▶ [HOW TO COMPLETE THIS TASK]
Scan the records below for the line containing "ask_row_iff has_request false" and the line containing "unfolding enforce_all enforce_one". Copy both, plus every line between, exactly.

▶ [PROVIDED DATA]
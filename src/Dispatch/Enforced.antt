-- ===== src/Dispatch/Enforced.antt =====
-- When the permission check admits a call, and what it raises without a request.
use djangorestframework_serv.Prelude.{
  ◌≡◌, ◌↔◌, refl, Bool, true, false, Option, List, [], ◌∷◌, or_else, ok, All, chain_iff,
  if◌then◌else◌,
}
use djangorestframework_serv.Specs.{PermissionEntry}
use djangorestframework_serv.Dispatch.{
  Verdict, admits, refuses, reads_attribute, Permissions, ask, enforce_one, enforce_all,
  enforce_permissions,
}

-- The class admits the call, and the row where there is one.
abbrev pub Admits : Permissions → Bool → PermissionEntry → Type 0
Admits permissions is_model p =
    (permissions.has_permission p ≡ admits)
    × (is_model ≡ true → permissions.has_object_permission p ≡ admits)

ask_iff :
    (has_request : Bool) (p : PermissionEntry) (v : Verdict)
    → (ask has_request p v ≡ ok tt) ↔ (v ≡ admits)
unfolding ask
ask_iff has_request p admits = (λ h. refl, λ h. refl)
ask_iff has_request p refuses = (λ h. cc, λ h. cc)
ask_iff true p reads_attribute = (λ h. cc, λ h. cc)
ask_iff false p reads_attribute = (λ h. cc, λ h. cc)

ask_row_iff :
    (has_request is_model : Bool) (p : PermissionEntry) (v : Verdict)
    → ((if is_model then ask has_request p v else ok tt) ≡ ok tt) ↔ (is_model ≡ true → v ≡ admits)
ask_row_iff has_request true p v =
    let one = ask_iff has_request p v in (λ h _. one.0 h, λ h. one.1 (h refl))
ask_row_iff has_request false p v = (λ h e. absurd (cc), λ h. refl)

enforce_all_iff :
    (permissions : Permissions) (has_request is_model : Bool) (ps : List PermissionEntry)
    → (enforce_all permissions has_request is_model ps ≡ ok tt)
      ↔ All (Admits permissions is_model) ps
unfolding enforce_all enforce_one
enforce_all_iff permissions has_request is_model [] = (λ h. tt, λ h. refl)
enforce_all_iff permissions has_request is_model (p ∷ ps) =
    chain_iff
      (chain_iff (ask_iff has_request p (permissions.has_permission p))
        (ask_row_iff has_request is_model p (permissions.has_object_permission p)))
      (enforce_all_iff permissions has_request is_model ps)

-- The check admits a call exactly where each permission class of the spec admits it, and admits
-- the row where the target is a model instance.
pub enforce_permissions_iff :
    (permissions : Permissions) (has_request is_model : Bool)
    (classes : Option (List PermissionEntry))
    → (enforce_permissions permissions has_request is_model classes ≡ ok tt)
      ↔ All (Admits permissions is_model) (or_else classes [])
unfolding enforce_permissions
enforce_permissions_iff permissions has_request is_model classes =
    enforce_all_iff permissions has_request is_model (or_else classes [])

▶ [WRITTEN REPLY]
ask_row_iff has_request false p v = (λ h e. absurd (cc), λ h. refl)

enforce_all_iff :
    (permissions : Permissions) (has_request is_model : Bool) (ps : List PermissionEntry)
    → (enforce_all permissions has_request is_model ps ≡ ok tt)
      ↔ All (Admits permissions is_model) ps
unfolding enforce_all enforce_one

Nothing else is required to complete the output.